The European Commission on Wednesday proposed to substantially loosen the requirements on companies to report on the social and environmental impacts of their operations.
The proposal would limit the rules to companies with more than 1,000 employees and revenue over 50 million euros ($53 million), which means that about 80 percent of companies currently covered by the directive will now be exempt.
The Commission is trying to simplify regulations that businesses say impede investment and growth. European officials have become increasingly concerned about waning economic competitiveness, particularly when compared with the United States and China. These worries have been exacerbated since President Trump’s return to the White House.
Mr. Trump’s push to relax the rules on companies has widened the regulatory gap with Europe. E.U. commissioners also said changes were needed to strengthen the region’s economy, which has been sluggish.
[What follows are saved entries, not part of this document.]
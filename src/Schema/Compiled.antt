-- ===== src/Schema/Compiled.antt =====
-- rdb-analyzer/src/schema/compile.rs: what a compiled schema guarantees to the rest of the program.
use refine_db.Prelude.{ℕ, not, List, [], ◌∷◌, All, Dict, lookup, insert, contains_key, All-insert}
use refine_db.Schema.{FieldType, CompiledSchema}
use refine_db.Schema.Ast.{SchemaItem, type_item, export_item}
use refine_db.Schema.Resolve.{
  Resolved, Unresolved, collect_items, compile_exports, compile, duplicate_type,
  type_name_must_start_with_upper_case_letter, duplicate_export, starts_upper,
}
use refine_db.Schema.Outcome.{Outcome, returns, ◌⟫◌, guard-Outcome}
use refine_db.Schema.WellFormed.{Refers, IsWellFormed, Grows, Refers-Grows}
use refine_db.Schema.Soundness.{resolve_type_expr-IsSound, no_context}

-- The exports and the types of a schema name types that the schema has, and its types are fine.
pub record IsClosed (schema : CompiledSchema) : Type 0 where
  pub has_fine_types : IsWellFormed schema.types
  pub has_fine_exports : All (λ p. Refers schema.types p.1) schema.exports

AreExports : Resolved → Dict FieldType → Type 0
AreExports st = All (λ p. Refers st p.1)

AreExports-Grows :
    (st st' : Resolved)
    → Grows st st'
    → (xs : Dict FieldType) → AreExports st xs
    → AreExports st' xs
unfolding AreExports
AreExports-Grows st st' g [] h = tt
AreExports-Grows st st' g ((n, x) ∷ xs) (h, hs) =
    (Refers-Grows st st' g x h, AreExports-Grows st st' g xs hs)

collect_items-Outcome :
    (items : List SchemaItem) (types : Unresolved)
    → Outcome (λ _. Unit {0}) (collect_items items types)
unfolding collect_items
collect_items-Outcome [] types = returns tt
collect_items-Outcome (export_item x ∷ items) types = collect_items-Outcome items types
collect_items-Outcome (type_item x ∷ items) types =
    guard-Outcome (not (contains_key x.name types)) (duplicate_type x.name) ⟫ λ _ _.
    guard-Outcome (starts_upper x.name) (type_name_must_start_with_upper_case_letter x.name)
    ⟫ λ _ _. collect_items-Outcome items (insert x.name x types)

compile_exports-Outcome :
    (fuel : ℕ) (types : Unresolved) (items : List SchemaItem) (exports : Dict FieldType)
    (st : Resolved)
    → AreExports st exports
    → IsWellFormed st
    → Outcome
        (λ (xs, st'). AreExports st' xs × IsWellFormed st')
        (compile_exports fuel types items exports st)
unfolding compile_exports AreExports
compile_exports-Outcome fuel types [] exports st he hw = returns {a = (exports, st)} (he, hw)
compile_exports-Outcome fuel types (type_item x ∷ items) exports st he hw =
    compile_exports-Outcome fuel types items exports st he hw
compile_exports-Outcome fuel types (export_item x ∷ items) exports st he hw =
    guard-Outcome (not (contains_key x.table_name exports)) (duplicate_export x.table_name) ⟫ λ _ _.
    resolve_type_expr-IsSound fuel types [] x.ty st (no_context st) hw ⟫ λ (ty, st') (r, hw', g).
    compile_exports-Outcome fuel types items (insert x.table_name ty exports) st'
      (All-insert (λ p. Refers st' p.1) x.table_name ty exports r
        (AreExports-Grows st st' g exports he))
      hw'

empty_table : IsWellFormed []
unfolding lookup
empty_table n ty e = cc

-- Whatever the items and the fuel, `compile` does not panic, and a schema that it returns is closed:
-- the types of exports and of fields are in its table under their own names, a set has a table
-- type for its member, an indexed field is primitive, and a type has at most one primary key.
pub compile-IsClosed : (fuel : ℕ) (items : List SchemaItem) → Outcome IsClosed (compile fuel items)
unfolding compile AreExports
compile-IsClosed fuel items = collect_items-Outcome items [] ⟫ λ types _.
    compile_exports-Outcome fuel types items [] [] tt empty_table ⟫ λ (exports, st) (he, hw).
    returns {a = record { types = st; exports = exports }}
      (record { has_fine_types = hw; has_fine_exports = he })
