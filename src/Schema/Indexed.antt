-- ===== src/Schema/Indexed.antt =====
-- rdb-analyzer/src/schema/compile.rs: the fields that lookup_indexed_field finds in a compiled schema.
use refine_db.Prelude.{
  ℕ, Bool, true, false, ◌||◌, Option, none, some, String, List, [], ◌∷◌, ok, ◌≡◌, ◌↔◌, refl, sym,
  ◌∙◌, ap, inl, inr, ◌⊎◌, lookup, All-lookup, Option-cases, Bool-cases,
}
use refine_db.Schema.{
  FieldType, FieldAnnotation, primary_key, unique, index, any, is_primary, is_unique, is_index,
  is_indexed, is_primary_annotation, is_unique_annotation, is_index_annotation, SpecializedType,
  CompiledSchema, IndexedField, lookup_indexed_field,
}
use refine_db.Schema.Ast.{SchemaItem}
use refine_db.Schema.Resolve.{compile, needs_primitive, is_primitive}
use refine_db.Schema.Outcome.{Outcome-elim}
use refine_db.Schema.WellFormed.{IsFineField}
use refine_db.Schema.Compiled.{compile-IsClosed}

regroup : (a b c p q r : Bool) → a || p || (b || q) || (c || r) ≡ a || b || c || (p || q || r)
regroup true b c p q r = refl
regroup false true c true q r = refl
regroup false true c false q r = refl
regroup false false true true q r = refl
regroup false false true false true r = refl
regroup false false true false false r = refl
regroup false false false p q r = refl

needs_primitive-any : (anns : List FieldAnnotation) → is_indexed anns ≡ any needs_primitive anns
unfolding any
needs_primitive-any [] = refl
needs_primitive-any (x ∷ xs) =
    regroup _ _ _ (is_primary xs) (is_unique xs) (is_index xs) ∙ rw (needs_primitive-any xs) refl

abbrev pub Holds : FieldAnnotation → List FieldAnnotation → Type 0
Holds a [] = ⊥
Holds a (x ∷ xs) = (x ≡ a) ⊎ Holds a xs

-- One of the annotations that make an index.
abbrev pub HasIndex : List FieldAnnotation → Type 0
HasIndex anns = Holds primary_key anns ⊎ Holds unique anns ⊎ Holds index anns

module _ (f : FieldAnnotation → Bool) (a : FieldAnnotation) (is_a : f a ≡ true)
    (only : (x : FieldAnnotation) → f x ≡ true → x ≡ a) where
  any-Holds : (anns : List FieldAnnotation) → (any f anns ≡ true) ↔ Holds a anns
  unfolding any
  any-Holds [] = (λ e. cc, λ h. absurd h)
  any-Holds (x ∷ xs) = (
    λ e. elim (Bool-cases (f x)) [
      | inl here ↦ inl (only x here)
      | inr other ↦ inr ((any-Holds xs).0 (rw other at e))
    ],
    λ h. elim h [
      | inl here ↦ rw (here, is_a) refl
      | inr later ↦ rw ((any-Holds xs).1 later) (or_true (f x))
    ],
  )
    where
      or_true : (b : Bool) → b || true ≡ true
      or_true true = refl
      or_true false = refl

primary-Holds : (anns : List FieldAnnotation) → (is_primary anns ≡ true) ↔ Holds primary_key anns
unfolding is_primary_annotation
primary-Holds anns = any-Holds is_primary_annotation primary_key refl only anns
  where
    only : (x : FieldAnnotation) → is_primary_annotation x ≡ true → x ≡ primary_key
    only primary_key h = refl
    only _ h = cc

unique-Holds : (anns : List FieldAnnotation) → (is_unique anns ≡ true) ↔ Holds unique anns
unfolding is_unique_annotation
unique-Holds anns = any-Holds is_unique_annotation unique refl only anns
  where
    only : (x : FieldAnnotation) → is_unique_annotation x ≡ true → x ≡ unique
    only unique h = refl
    only _ h = cc

index-Holds : (anns : List FieldAnnotation) → (is_index anns ≡ true) ↔ Holds index anns
unfolding is_index_annotation
index-Holds anns = any-Holds is_index_annotation index refl only anns
  where
    only : (x : FieldAnnotation) → is_index_annotation x ≡ true → x ≡ index
    only index h = refl
    only _ h = cc

or_cases : (a b c : Bool) → (a || b || c ≡ true) ↔ ((a ≡ true) ⊎ (b ≡ true) ⊎ (c ≡ true))
or_cases true b c = (λ h. inl refl, λ h. refl)
or_cases false true c = (λ h. inr (inl refl), λ h. refl)
or_cases false false true = (λ h. inr (inr refl), λ h. refl)
or_cases false false false =
    (λ h. cc, λ h. elim h [ inl e ↦ e | inr (inl e) ↦ e | inr (inr e) ↦ e ])

is_indexed-HasIndex : (anns : List FieldAnnotation) → (is_indexed anns ≡ true) ↔ HasIndex anns
is_indexed-HasIndex anns =
    let (there, back) = or_cases (is_primary anns) (is_unique anns) (is_index anns) in
    (
      λ h. elim (there h) [
        | inl e ↦ inl ((primary-Holds anns).0 e)
        | inr (inl e) ↦ inr (inl ((unique-Holds anns).0 e))
        | inr (inr e) ↦ inr (inr ((index-Holds anns).0 e))
      ],
      λ h. back (elim h [
        | inl e ↦ inl ((primary-Holds anns).1 e)
        | inr (inl e) ↦ inr (inl ((unique-Holds anns).1 e))
        | inr (inr e) ↦ inr (inr ((index-Holds anns).1 e))
      ]),
    )

-- The field is there with these annotations, one of which makes an index; it is primitive; and it is
-- marked as unique just where it is annotated so.
pub record IsIndexedAs (ty : SpecializedType) (field : String) (x : IndexedField) : Type 0 where
  pub is_there : lookup field ty.fields ≡ some (x.ty, x.annotations)
  pub has_index : HasIndex x.annotations
  pub has_primitive : is_primitive x.ty ≡ true
  pub is_marked : (x.is_unique_index ≡ true) ↔ Holds unique x.annotations

abbrev pub IsLookup : SpecializedType → String → Option IndexedField → Type 0
IsLookup ty field (some x) = IsIndexedAs ty field x
IsLookup ty field none =
    (t : FieldType) (anns : List FieldAnnotation)
    → lookup field ty.fields ≡ some (t, anns)
    → HasIndex anns
    → ⊥

-- In a type of a schema that `compile` returned, lookup_indexed_field finds a field just where it is
-- annotated as the primary key, as unique or as an index: it is primitive then, and marked as unique
-- just where it is annotated so; a field that is not found has none of the three annotations.
pub lookup_indexed_field-IsLookup :
    (fuel : ℕ) (items : List SchemaItem) (schema : CompiledSchema) (name field : String)
    (ty : SpecializedType)
    → compile fuel items ≡ ok schema
    → lookup name schema.types ≡ some ty
    → IsLookup ty field (lookup_indexed_field ty field)
unfolding lookup_indexed_field
lookup_indexed_field-IsLookup fuel items schema name field ty compiled there =
    elim (Option-cases (lookup field ty.fields)) [
      | inl q ↦ rw (q, lookup_indexed_field) (λ t anns found _. absurd (no_some (sym q ∙ found)))
      | inr ((t, anns), q) ↦
          let closed = Outcome-elim (compile-IsClosed fuel items) compiled in
          let (r, fine) =
            All-lookup (IsFineField schema.types) field (t, anns) ty.fields
              (closed.has_fine_types name ty there).has_fine_fields q in
          elim (Bool-cases (is_indexed anns)) [
            | inl i ↦
                rw (q, lookup_indexed_field)
                  (rw i (record {
                    is_there = q;
                    has_index = (is_indexed-HasIndex anns).0 i;
                    has_primitive = fine (sym (needs_primitive-any anns) ∙ i);
                    is_marked = unique-Holds anns;
                  }))
            | inr i ↦
                rw (q, lookup_indexed_field)
                  (rw i (λ t' anns' found has. true_false (
                    sym ((is_indexed-HasIndex anns').1 has)
                    ∙ ap is_indexed (sym (same_anns (sym q ∙ found)))
                    ∙ i)))
          ]
    ]
  where
    no_some : {A : Type 0} {a : A} → none ≡ some a → ⊥
    no_some e = cc

    true_false : true ≡ false → ⊥
    true_false e = cc

    same_anns :
        {t t' : FieldType} {a a' : List FieldAnnotation}
        → ◌≡◌ {A = Option (FieldType × List FieldAnnotation)} (some (t, a)) (some (t', a'))
        → a ≡ a'
    same_anns e = cc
“The world is changing in front of our eyes,” said Valdis Dombrovskis, the European commissioner for the economy, citing U.S. opposition to a United Nations resolution condemning Russian aggression in Ukraine.
Building a more competitive economy and cutting red tape was an important part of navigating this “complex” environment, he said. “We cannot hope or expect to successfully compete in a perilous world with one hand tied behind our backs,” he added.
On the reporting rules, known as the Corporate Sustainability Reporting Directive, the Commission has also proposed a two-year delay for companies that would have been required to report this year and next. The commission said these changes, and related measures, would save companies about €6 billion per year in administrative work.
The changes need to be approved by the European Parliament before taking effect.
The European Union has been at the vanguard of designing and putting in place rules on climate change and corporate sustainability, but on Wednesday commissioners said those efforts had gone too far.
The “intensive” period of regulatory activity in the past five years, Mr. Dombrovskis said, “has come as a cost, generating a large regulatory burden on people and businesses.”
President Emmanuel Macron of France has been a key supporter of loosening the rules on companies, arguing last month that Europe needed to take a “massive regulatory break.”
In a news conference in Brussels, officials were at pains to say that “simplification” was not the same as deregulation and was not a sign of giving up on the commission’s green agenda. Maria Luís Albuquerque, the commissioner for financial services, said she expected many companies would voluntarily choose to follow the sustainability reporting rules because they had already made their own commitments or would report under simpler guidelines as members of the supply chains of larger companies.
The proposals were intended to “alleviate the burdens and the costs of reporting, but maintaining preserving the anchor in our Green Deal objectives,” Ms. Albuquerque said.
The commission on Wednesday also announced a series of measures it called the Clean Industrial Deal, aimed at decarbonizing Europe’s economy. It came on the same day that the European energy giant BP said it would increase spending on oil and gas while sharply reducing investments in clean energy.